# Petland in Langley, Salt water section has been added!!



## The Guy (Nov 26, 2010)

Hi, just wanted to let folks in the Fraser Valley know that there is a new salt water section opened at Petland in Langley. The new store and fish manager Mike is starting this up again with lots of fish and coral selection available, I checked it out last night and was surprised to see the stuff he has available already.
I would urge everyone into salt water to check them out.


----------



## dinherz (Aug 30, 2010)

im not into saltwater but when i went there lastweek the saltwater section looked really nice . nice fish and corals


----------



## STANKYfish (Apr 21, 2011)

Are the prices in the saltwater section as ridiculus as the freshwater?
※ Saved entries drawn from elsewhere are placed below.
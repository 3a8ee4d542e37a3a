-- ===== src/Syscall/Typed.antt =====
-- What the kernel decodes keeps the promises of the types of `SysCall`
-- (xous/xous-rs/src/syscall.rs), whatever the eight words are.
use beet_core.Common.{ℕ, ◌≢◌, arith, Option, none, some, ◌==◌, Bool-cases, inl, inr}
use beet_core.Abi.Outcome.{ok_or}
use beet_core.Abi.After.{After, After-then}
use beet_core.Abi.Message.{MemoryMessage, Message, mutable_borrow, borrow, move, new_nonzero}
use beet_core.Abi.Result.{Words7, Words8}
use beet_core.Abi.RoundTrip.{IsMemoryMessage, IsMessage}
use beet_core.Syscall.Number.{SysCallNumber, from}
use beet_core.Syscall.Words.{from_bits-IsFlags, i32_from-IsI32, app_id_from-IsAppId}
use beet_core.Syscall.Call.{IsSysCall, IsU32, IsPid, IsMemoryRange, IsStack}
use beet_core.Syscall.Decode.{
  from_args, decode, send_decoded, try_send_decoded, try_send_memory, args_to_thread,
  process_try_from, range_new, range_or_invalid, pid_new, pid_from_usize, to_u32,
}
use beet_core.Syscall.Parts.{from_u32-IsSid, pid_new-IsOptionPid, new_nonzero-IsOptionNonZero}
use beet_core.Syscall.Read.{
  Every, IsProcessInit, cut_to_word, new_nonzero-After, pid_new-After, pid_from_usize-After,
  range_new-After, range_or_invalid-After, args_to_thread-After, process_try_from-After,
  try_from-Every,
}

to_u32-After : (a : ℕ) → After IsU32 (to_u32 a)
unfolding to_u32
to_u32-After a = ground arith

send_decoded-After :
    (o : Option Message) (w : Words7) → Every IsMessage o → After IsSysCall (send_decoded o w)
unfolding send_decoded
send_decoded-After none (a1, a2, a3, a4, a5, a6, a7) h = tt
send_decoded-After (some m) (a1, a2, a3, a4, a5, a6, a7) h =
    After-then IsU32 IsSysCall (to_u32 a1) _ (to_u32-After a1) (λ cid hc. (hc, h))

try_send_memory-After :
    (w : Words7) (kind : MemoryMessage → Message)
    → ((m : MemoryMessage) → IsMemoryMessage m → IsMessage (kind m))
    → After IsSysCall (try_send_memory w kind)
try_send_memory-After (a1, a2, a3, a4, a5, a6, a7) kind k =
    After-then IsMemoryRange IsSysCall (range_new a4 a5) _ (range_new-After a4 a5) (λ buf h. (
      cut_to_word a1,
      k _ (record {
        addr_nonzero = h.0;
        size_nonzero = h.1;
        offset_nonzero = new_nonzero-IsOptionNonZero a6;
        valid_nonzero = new_nonzero-IsOptionNonZero a7;
      }),
    ))

try_send_decoded-After : (w : Words7) → After IsSysCall (try_send_decoded w)
unfolding try_send_decoded
try_send_decoded-After (a1, a2, a3, a4, a5, a6, a7) =
    let w : Words7 = (a1, a2, a3, a4, a5, a6, a7) in
    elim (Bool-cases (a2 == 1)) [
      | inl t ↦ rw t (try_send_memory-After w mutable_borrow (λ m v. v))
      | inr n1 ↦ elim (Bool-cases (a2 == 2)) [
        | inl t ↦ rw n1 (rw t (try_send_memory-After w borrow (λ m v. v)))
        | inr n2 ↦ elim (Bool-cases (a2 == 3)) [
          | inl t ↦ rw n1 (rw n2 (rw t (try_send_memory-After w move (λ m v. v))))
          | inr n3 ↦ elim (Bool-cases (a2 == 4)) [
            | inl t ↦ rw n1 (rw n2 (rw n3 (rw t (cut_to_word a1, tt))))
            | inr n4 ↦ elim (Bool-cases (a2 == 5)) [
              | inl t ↦ rw n1 (
                  rw n2 (
                    rw n3 (
                      rw n4 (
                        rw t (
                          After-then IsU32 IsSysCall (to_u32 a1) _ (to_u32-After a1)
                            (λ cid hc. (hc, tt)))))))
              | inr n5 ↦ rw n1 (rw n2 (rw n3 (rw n4 (rw n5 tt))))
            ]
          ]
        ]
      ]
    ]

decode-IsSysCall : (number : SysCallNumber) (w : Words7) → After IsSysCall (decode number w)
unfolding decode
decode-IsSysCall SysCallNumber.map_memory (a1, a2, a3, a4, a5, a6, a7) =
    After-then (λ n. n ≢ 0) IsSysCall (ok_or (new_nonzero a3) _) _ (new_nonzero-After a3 _)
      (λ x_size h_size. (
        new_nonzero-IsOptionNonZero a1,
        new_nonzero-IsOptionNonZero a2,
        h_size,
        from_bits-IsFlags a4,
      ))
decode-IsSysCall SysCallNumber.unmap_memory (a1, a2, a3, a4, a5, a6, a7) =
    After-then IsMemoryRange IsSysCall (range_or_invalid a1 a2) _ (range_or_invalid-After a1 a2)
      (λ x_range h_range. h_range)
decode-IsSysCall SysCallNumber.increase_heap (a1, a2, a3, a4, a5, a6, a7) =
    After-then (λ n. n ≢ 0) IsSysCall (ok_or (new_nonzero a1) _) _ (new_nonzero-After a1 _)
      (λ x_size h_size. h_size)
decode-IsSysCall SysCallNumber.update_memory_flags (a1, a2, a3, a4, a5, a6, a7) =
    After-then IsMemoryRange IsSysCall (range_new a1 a2) _ (range_new-After a1 a2)
      (λ x_range h_range. (h_range, from_bits-IsFlags a3, pid_new-IsOptionPid a4))
decode-IsSysCall SysCallNumber.yield (a1, a2, a3, a4, a5, a6, a7) = tt
decode-IsSysCall SysCallNumber.set_thread_priority (a1, a2, a3, a4, a5, a6, a7) = tt
decode-IsSysCall SysCallNumber.receive_message (a1, a2, a3, a4, a5, a6, a7) =
    from_u32-IsSid a1 a2 a3 a4
decode-IsSysCall SysCallNumber.try_receive_message (a1, a2, a3, a4, a5, a6, a7) =
    from_u32-IsSid a1 a2 a3 a4
decode-IsSysCall SysCallNumber.claim_interrupt (a1, a2, a3, a4, a5, a6, a7) =
    After-then (λ n. n ≢ 0) IsSysCall (ok_or (new_nonzero a2) _) _ (new_nonzero-After a2 _)
      (λ x_function h_function. (h_function, new_nonzero-IsOptionNonZero a3))
decode-IsSysCall SysCallNumber.free_interrupt (a1, a2, a3, a4, a5, a6, a7) = tt
decode-IsSysCall SysCallNumber.futex_wait (a1, a2, a3, a4, a5, a6, a7) = tt
decode-IsSysCall SysCallNumber.futex_wake (a1, a2, a3, a4, a5, a6, a7) = tt
decode-IsSysCall SysCallNumber.create_server_with_address (a1, a2, a3, a4, a5, a6, a7) =
    from_u32-IsSid a1 a2 a3 a4
decode-IsSysCall SysCallNumber.connect (a1, a2, a3, a4, a5, a6, a7) = from_u32-IsSid a1 a2 a3 a4
decode-IsSysCall SysCallNumber.try_connect (a1, a2, a3, a4, a5, a6, a7) = from_u32-IsSid a1 a2 a3 a4
decode-IsSysCall SysCallNumber.send_message (a1, a2, a3, a4, a5, a6, a7) =
    send_decoded-After _ (a1, a2, a3, a4, a5, a6, a7) (try_from-Every (a2, a3, a4, a5, a6, a7))
decode-IsSysCall SysCallNumber.try_send_message (a1, a2, a3, a4, a5, a6, a7) =
    try_send_decoded-After (a1, a2, a3, a4, a5, a6, a7)
decode-IsSysCall SysCallNumber.return_memory (a1, a2, a3, a4, a5, a6, a7) =
    After-then IsMemoryRange IsSysCall (range_new a2 a3) _ (range_new-After a2 a3)
      (λ x_buf h_buf. (h_buf, new_nonzero-IsOptionNonZero a4, new_nonzero-IsOptionNonZero a5))
decode-IsSysCall SysCallNumber.return_scalar1 (a1, a2, a3, a4, a5, a6, a7) = tt
decode-IsSysCall SysCallNumber.return_scalar2 (a1, a2, a3, a4, a5, a6, a7) = tt
decode-IsSysCall SysCallNumber.create_thread (a1, a2, a3, a4, a5, a6, a7) =
    After-then (λ init. IsStack init.stack) IsSysCall (args_to_thread (a1, a2, a3, a4, a5, a6, a7))
      _ (args_to_thread-After (a1, a2, a3, a4, a5, a6, a7)) (λ x hx. hx)
decode-IsSysCall SysCallNumber.create_process (a1, a2, a3, a4, a5, a6, a7) =
    After-then IsProcessInit IsSysCall (process_try_from (a1, a2, a3, a4, a5, a6, a7)) _
      (process_try_from-After (a1, a2, a3, a4, a5, a6, a7)) (λ x hx. hx)
decode-IsSysCall SysCallNumber.terminate_process (a1, a2, a3, a4, a5, a6, a7) = cut_to_word a1
decode-IsSysCall SysCallNumber.terminate_pid (a1, a2, a3, a4, a5, a6, a7) =
    After-then IsPid IsSysCall (ok_or (pid_new a1) _) _ (pid_new-After a1 _)
      (λ x_pid h_pid. (h_pid, cut_to_word a2))
decode-IsSysCall SysCallNumber.shutdown (a1, a2, a3, a4, a5, a6, a7) = i32_from-IsI32 a1
decode-IsSysCall SysCallNumber.create_server (a1, a2, a3, a4, a5, a6, a7) = tt
decode-IsSysCall SysCallNumber.create_server_id (a1, a2, a3, a4, a5, a6, a7) = tt
decode-IsSysCall SysCallNumber.connect_for_process (a1, a2, a3, a4, a5, a6, a7) =
    After-then IsPid IsSysCall (ok_or (pid_new a1) _) _ (pid_new-After a1 _)
      (λ x_pid h_pid. (h_pid, from_u32-IsSid a2 a3 a4 a5))
decode-IsSysCall SysCallNumber.get_remote_process_id (a1, a2, a3, a4, a5, a6, a7) = cut_to_word a1
decode-IsSysCall SysCallNumber.get_thread_id (a1, a2, a3, a4, a5, a6, a7) = tt
decode-IsSysCall SysCallNumber.get_process_id (a1, a2, a3, a4, a5, a6, a7) = tt
decode-IsSysCall SysCallNumber.destroy_server (a1, a2, a3, a4, a5, a6, a7) =
    from_u32-IsSid a1 a2 a3 a4
decode-IsSysCall SysCallNumber.disconnect (a1, a2, a3, a4, a5, a6, a7) = cut_to_word a1
decode-IsSysCall SysCallNumber.join_thread (a1, a2, a3, a4, a5, a6, a7) = tt
decode-IsSysCall SysCallNumber.virt_to_phys (a1, a2, a3, a4, a5, a6, a7) = tt
decode-IsSysCall SysCallNumber.return_scalar5 (a1, a2, a3, a4, a5, a6, a7) = tt
decode-IsSysCall SysCallNumber.virt_to_phys_pid (a1, a2, a3, a4, a5, a6, a7) =
    After-then IsPid IsSysCall (pid_from_usize a1) _ (pid_from_usize-After a1)
      (λ x_pid h_pid. h_pid)
decode-IsSysCall SysCallNumber.get_app_id (a1, a2, a3, a4, a5, a6, a7) =
    After-then IsPid IsSysCall (ok_or (pid_new a1) _) _ (pid_new-After a1 _) (λ x_pid h_pid. h_pid)
decode-IsSysCall SysCallNumber.allow_messages_sid (a1, a2, a3, a4, a5, a6, a7) =
    from_u32-IsSid a1 a2 a3 a4
decode-IsSysCall SysCallNumber.allow_messages_cid (a1, a2, a3, a4, a5, a6, a7) =
    After-then IsPid IsSysCall (ok_or (pid_new a1) _) _ (pid_new-After a1 _)
      (λ x_pid h_pid. (h_pid, cut_to_word a2))
decode-IsSysCall SysCallNumber.invalidate_cache (a1, a2, a3, a4, a5, a6, a7) =
    After-then IsMemoryRange IsSysCall (range_new a1 a2) _ (range_new-After a1 a2)
      (λ x_mem h_mem. h_mem)
decode-IsSysCall SysCallNumber.power_management (a1, a2, a3, a4, a5, a6, a7) = tt
decode-IsSysCall SysCallNumber.app_id_to_pid (a1, a2, a3, a4, a5, a6, a7) =
    app_id_from-IsAppId a1 a2 a3 a4
decode-IsSysCall SysCallNumber.mirror_memory_to_pid (a1, a2, a3, a4, a5, a6, a7) =
    After-then IsMemoryRange IsSysCall (range_new a1 a2) _ (range_new-After a1 a2) (λ x_mem h_mem.
      After-then IsPid IsSysCall (ok_or (pid_new a3) _) _ (pid_new-After a3 _)
        (λ x_pid h_pid. (h_mem, h_pid)))
decode-IsSysCall SysCallNumber.debug_command (a1, a2, a3, a4, a5, a6, a7) =
    After-then IsMemoryRange IsSysCall (range_new a1 a2) _ (range_new-After a1 a2)
      (λ x_buffer h_buffer. (h_buffer, omega arith))
decode-IsSysCall SysCallNumber.get_system_stats (a1, a2, a3, a4, a5, a6, a7) = tt
decode-IsSysCall SysCallNumber.register_event_handler (a1, a2, a3, a4, a5, a6, a7) =
    from_u32-IsSid a2 a3 a4 a5
decode-IsSysCall SysCallNumber.append_panic_message (a1, a2, a3, a4, a5, a6, a7) = tt
decode-IsSysCall SysCallNumber.get_panic_message (a1, a2, a3, a4, a5, a6, a7) =
    After-then IsMemoryRange IsSysCall (range_new a1 a2) _ (range_new-After a1 a2)
      (λ x_buf h_buf. h_buf)
decode-IsSysCall SysCallNumber.spawn_by_name (a1, a2, a3, a4, a5, a6, a7) = tt
decode-IsSysCall SysCallNumber.spawn_by_name_with_args (a1, a2, a3, a4, a5, a6, a7) = tt
decode-IsSysCall SysCallNumber.wait_process (a1, a2, a3, a4, a5, a6, a7) =
    After-then IsPid IsSysCall (ok_or (pid_new a1) _) _ (pid_new-After a1 _) (λ x_pid h_pid. h_pid)
decode-IsSysCall SysCallNumber.net_get_info (a1, a2, a3, a4, a5, a6, a7) = tt
decode-IsSysCall SysCallNumber.wait_event (a1, a2, a3, a4, a5, a6, a7) = tt
decode-IsSysCall SysCallNumber.poll_event (a1, a2, a3, a4, a5, a6, a7) = tt
decode-IsSysCall SysCallNumber.post_event (a1, a2, a3, a4, a5, a6, a7) =
    After-then IsPid IsSysCall (ok_or (pid_new a1) _) _ (pid_new-After a1 _) (λ x_pid h_pid. h_pid)
decode-IsSysCall SysCallNumber.get_binary_name (a1, a2, a3, a4, a5, a6, a7) = tt
decode-IsSysCall SysCallNumber.acquire_display (a1, a2, a3, a4, a5, a6, a7) = tt
decode-IsSysCall SysCallNumber.release_display (a1, a2, a3, a4, a5, a6, a7) = tt
decode-IsSysCall SysCallNumber.acquire_input_focus (a1, a2, a3, a4, a5, a6, a7) =
    (cut_to_word a1, cut_to_word a2, cut_to_word a3, cut_to_word a4)
decode-IsSysCall SysCallNumber.release_input_focus (a1, a2, a3, a4, a5, a6, a7) = tt
decode-IsSysCall SysCallNumber.invalid (a1, a2, a3, a4, a5, a6, a7) = tt

-- Whatever eight words a process passes, a syscall that the kernel decodes from them keeps the
-- promises of its types: process ids, sizes and addresses are not 0, flags are defined ones, and
-- u32 and u8 values are in range.
pub from_args-IsSysCall : (words : Words8) → After IsSysCall (from_args words)
unfolding from_args
from_args-IsSysCall (a0, a1, a2, a3, a4, a5, a6, a7) =
    decode-IsSysCall (from a0) (a1, a2, a3, a4, a5, a6, a7)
Hmmmm, and you say Mike (Hidden Reef) is working there. Just might have to make a point of visiting...


----------



## The Guy (Nov 26, 2010)

Not sure what Mike's last name is, but he's been around salt water & reefing for years, pricing example: [small chromis $3.99]


----------



## timv (Dec 17, 2010)

yes it is mike ... i have bought a bunch of stuff there this last week .... quality as usual


----------



## April (Apr 21, 2010)

I hear thy have a great supplier. Should be good...as I hear there's a lack of lfs in Langley!


----------



## dssv (Jan 1, 2012)

I have never been to store before. Had some time to kill so dropped in friday afternoon. great salt water section. fresh water was pricey. I met Mike seemed like a great guy.


----------



## Epok (Jun 20, 2011)

I love petland langley. I always go there and it's where I spend 80% of my time when I go to pet stores and since the addition of Mike it has only got better


----------



## Foxtail (Mar 14, 2012)

I was in a couple weeks ago and they were just setting up. I'll have to go in and check it out again. They are always very helpful and accomodating in there. 

Sent via the Shining.


----------



## scott tang (Jan 29, 2012)

they have preds or just salt comunitie ?


----------



## scott tang (Jan 29, 2012)

whats the address ????????????????


----------



## Foxtail (Mar 14, 2012)

19### fraser hwy langley 

Sent via the Shining.


----------



## Chrisphungg (Oct 8, 2012)

I was here today and they have a pretty nice selection of fish. Triggers, Lionfish, assorted angelfish, beautiful corals, and other tangs and such. They will have the salt water expanded with 8-10 more tanks within 1-2 weeks as well.


----------



## scott tang (Jan 29, 2012)

went yester day looked great not quite what i expected. But a nice store mike said the display tank will be turned to salt water soon looking forward to that being a sw person


----------



## JTang (Apr 21, 2010)

Sweet! Another SW store to shop!


----------



## Foxtail (Mar 14, 2012)

I was in there today and they have a lot more salt stuff... they got a big shipment in today... fresh and salt... everything g was still acclimating when I was there.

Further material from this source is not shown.